Your goal: Give the data again exactly, from its opening line through the line in which "pub owner_files : All HasText s.owner_files" appears.

Segment Open

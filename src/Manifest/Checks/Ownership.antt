-- ===== src/Manifest/Checks/Ownership.antt =====
-- What it means that `check_ownership` pushes no error.
use chromifer.Base.{
  String, ◌≡◌, ◌↔◌, refl, false, List, [], ◌∷◌, Option, none, some, arith, All, any-eq-false,
  append-eq-nil, concat_map_iff,
}
use chromifer.Base.Text.{is_blank}
use chromifer.Manifest.Data.{ModuleOwnership, SourceOwnership, OwnershipInclude}
use chromifer.Manifest.Checks.{
  check_values, check_includes, source_values, ownership_values, blank_stop, check_source_ownership,
  check_ownership,
}
use chromifer.Manifest.Checks.Laws.{HasText, push_if-eq-nil}

-- Every value of an ownership record has text.
pub IsOwnedInclude : OwnershipInclude → Type 0
IsOwnedInclude i = HasText i.owner_file × HasText i.include

pub record IsValidSource (s : SourceOwnership) : Type 0 where
  pub source : HasText s.source
  pub primary_owners : All HasText s.primary_owners
  pub effective_owners : All HasText s.effective_owners
  pub owner_files : All HasText s.owner_files
  pub unresolved_includes : All IsOwnedInclude s.unresolved_includes
  pub inheritance_stopped_at : (p : String) → s.inheritance_stopped_at ≡ some p → HasText p

pub record IsValidOwnership (o : ModuleOwnership) : Type 0 where
  pub primary_owners : All HasText o.primary_owners
  pub effective_owners : All HasText o.effective_owners
  pub common_effective_owners : All HasText o.common_effective_owners
  pub owner_files : All HasText o.owner_files
  pub unresolved_sources : All HasText o.unresolved_sources
  pub unresolved_includes : All IsOwnedInclude o.unresolved_includes
  pub sources : All IsValidSource o.sources

check_includes-eq-nil :
    (owner field : String) (is : List OwnershipInclude)
    → (check_includes owner field is ≡ []) ↔ All IsOwnedInclude is
unfolding check_includes IsOwnedInclude
check_includes-eq-nil owner field [] = (λ h. tt, λ h. refl)
check_includes-eq-nil owner field (i ∷ is) = ground (arith, check_includes-eq-nil owner field is)

blank_stop-eq-false :
    (o : Option String) → (blank_stop o ≡ false) ↔ ((p : String) → o ≡ some p → HasText p)
unfolding blank_stop
blank_stop-eq-false none = (λ h p e. cc, λ h. refl)
blank_stop-eq-false (some q) = (λ h p e. ground arith, λ h. h q refl)

AllValues : List (String × List String) → Type 0
AllValues [] = Unit
AllValues ((field, values) ∷ rest) = All HasText values × AllValues rest

check_values-eq-nil :
    (owner : String) (fields : List (String × List String))
    → (check_values owner fields ≡ []) ↔ AllValues fields
unfolding check_values AllValues
check_values-eq-nil owner [] = (λ h. tt, λ h. refl)
check_values-eq-nil owner ((field, values) ∷ rest) =
    ground (arith, any-eq-false is_blank values, check_values-eq-nil owner rest)

check_source_ownership-eq-nil :
    (owner : String) (s : SourceOwnership) → (check_source_ownership owner s ≡ []) ↔ IsValidSource s
unfolding check_source_ownership source_values AllValues
check_source_ownership-eq-nil owner s =
    let values = check_values-eq-nil owner (source_values s) in
    let includes =
      check_includes-eq-nil owner "ownership.sources.unresolved_includes" s.unresolved_includes in
    let stop = blank_stop-eq-false s.inheritance_stopped_at in
    (
      λ h.
          let (a, rest) = (append-eq-nil _ _).0 h in
          let (b, rest') = (append-eq-nil _ _).0 rest in
          let (c, d) = (append-eq-nil _ _).0 rest' in
          let v = values.0 b in
          record {
            source = (push_if-eq-nil _ _).0 a;
            primary_owners = v.0;
            effective_owners = v.1.0;
            owner_files = v.1.1.0;
            unresolved_includes = includes.0 c;
            inheritance_stopped_at = stop.0 ((push_if-eq-nil _ _).0 d);
          },
      λ v. (append-eq-nil _ _).1 (
        (push_if-eq-nil _ _).1 v.source,
        (append-eq-nil _ _).1 (
          values.1 (v.primary_owners, (v.effective_owners, (v.owner_files, tt))),
          (append-eq-nil _ _).1 (
            includes.1 v.unresolved_includes,
            (push_if-eq-nil _ _).1 (stop.1 v.inheritance_stopped_at),
          ),
        ),
      ),
    )

pub check_ownership-eq-nil :
    (owner : String) (o : ModuleOwnership) → (check_ownership owner o ≡ []) ↔ IsValidOwnership o
unfolding check_ownership AllValues
check_ownership-eq-nil owner o =
    let values = check_values-eq-nil owner (ownership_values o) in
    let includes =
      check_includes-eq-nil owner "ownership.unresolved_includes" o.unresolved_includes in
    let sources =
      concat_map_iff (check_source_ownership owner) o.sources
        (check_source_ownership-eq-nil owner) in
    (
      λ h.
          let (a, rest) = (append-eq-nil _ _).0 h in
          let (b, c) = (append-eq-nil _ _).0 rest in
          let v = values.0 a in
          record {
            primary_owners = v.0;
            effective_owners = v.1.0;
            common_effective_owners = v.1.1.0;
            owner_files = v.1.1.1.0;
            unresolved_sources = v.1.1.1.1.0;
            unresolved_includes = includes.0 b;
            sources = sources.0 c;
          },
      λ v. (append-eq-nil _ _).1 (
        values.1 (
          v.primary_owners,
          (
            v.effective_owners,
            (v.common_effective_owners, (v.owner_files, (v.unresolved_sources, tt))),
          ),
        ),
        (append-eq-nil _ _).1 (includes.1 v.unresolved_includes, sources.1 v.sources),
      ),
    )
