-- ===== src/Manifest/Validate/Spec.antt =====
-- What a valid manifest is, without reference to how it is checked.
use chromifer.Base.{String, ◌≡◌, ◌≢◌, some, [], In, All, NoRepeat, map}
use chromifer.Manifest.Data.{
  ids_of_targets, ids_of_gates, ids_of_modules, Project, InventoryMetadata, Target,
  CompatibilityGate, BoundaryReview, BoundaryEvidence, Dependency, Module, ModuleOwnership,
  Manifest, legacy_cpp, GateInput,
}
use chromifer.Manifest.Checks.Laws.{HasText, IsLocated, IsRunnable, IsValidInput}
use chromifer.Manifest.Checks.Ownership.{IsValidOwnership}
use chromifer.Manifest.Cycle.Walks.{Walk}
use chromifer.Manifest.Cycle.Edges.{DependsOn, dependency_ids}

pub record IsValidProject (p : Project) : Type 0 where
  pub name : HasText p.name
  pub upstream : HasText p.upstream
  pub baseline : HasText p.baseline

pub record IsValidInventory (i : InventoryMetadata) : Type 0 where
  pub source_format : HasText i.source_format
  pub build_dir : HasText i.build_dir
  pub default_toolchain : HasText i.default_toolchain

pub record IsValidGate (m : Manifest) (g : CompatibilityGate) : Type 0 where
  pub execution : IsRunnable g.execution
  pub inputs : All IsValidInput g.inputs
  pub inputs_once : NoRepeat (map (λ (i : GateInput). i.path) g.inputs)
  pub targets : All (λ t. In t (ids_of_targets m.targets)) g.targets

abbrev pub IsLocatedReview : BoundaryReview → Type 0
IsLocatedReview r = IsLocated r.file r.line r.detail

abbrev pub IsLocatedEvidence : BoundaryEvidence → Type 0
IsLocatedEvidence e = IsLocated e.file e.line e.detail

pub record IsValidDependency (m : Manifest) (owner : String) (d : Dependency) : Type 0 where
  pub other : d.module_id ≢ owner
  pub known : In d.module_id (ids_of_modules m.modules)
  pub evidence : All IsLocatedEvidence d.evidence
  pub reviews : All IsLocatedReview d.reviews

pub record IsValidModule (m : Manifest) (x : Module) : Type 0 where
  pub path : HasText x.path
  pub owner : HasText x.owner
  pub ownership : (o : ModuleOwnership) → x.ownership ≡ some o → IsValidOwnership o
  pub sources : All HasText x.sources
  pub reviews : All IsLocatedReview x.reviews
  pub gated : x.state ≢ legacy_cpp → x.gates ≢ []
  pub gates : All (λ g. In g (ids_of_gates m.gates)) x.gates
  pub dependencies : All (IsValidDependency m x.id) x.dependencies
  pub dependencies_once : NoRepeat (dependency_ids x)

pub record IsValid (m : Manifest) : Type 0 where
  pub schema : m.schema_version ≡ 1
  pub project : IsValidProject m.project
  pub inventory : (i : InventoryMetadata) → m.inventory ≡ some i → IsValidInventory i
  pub target_ids : NoRepeat (ids_of_targets m.targets)
  pub gate_ids : NoRepeat (ids_of_gates m.gates)
  pub module_ids : NoRepeat (ids_of_modules m.modules)
  pub targets : All (λ (t : Target). HasText t.description) m.targets
  pub gates : All (IsValidGate m) m.gates
  pub modules : All (IsValidModule m) m.modules
  pub acyclic : (a : String) → ¬ Walk (DependsOn m.modules) a a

Segment Closed

Result for this task:
filename src/Manifest/Checks/Ownership.antt
-- ===== src/Manifest/Checks/Ownership.antt =====
-- What it means that `check_ownership` pushes no error.
use chromifer.Base.{
  String, ◌≡◌, ◌↔◌, refl, false, List, [], ◌∷◌, Option, none, some, arith, All, any-eq-false,
  append-eq-nil, concat_map_iff,
}
use chromifer.Base.Text.{is_blank}
use chromifer.Manifest.Data.{ModuleOwnership, SourceOwnership, OwnershipInclude}
use chromifer.Manifest.Checks.{
  check_values, check_includes, source_values, ownership_values, blank_stop, check_source_ownership,
  check_ownership,
}
use chromifer.Manifest.Checks.Laws.{HasText, push_if-eq-nil}

-- Every value of an ownership record has text.
pub IsOwnedInclude : OwnershipInclude → Type 0
IsOwnedInclude i = HasText i.owner_file × HasText i.include

pub record IsValidSource (s : SourceOwnership) : Type 0 where
  pub source : HasText s.source
  pub primary_owners : All HasText s.primary_owners
  pub effective_owners : All HasText s.effective_owners
  pub owner_files : All HasText s.owner_files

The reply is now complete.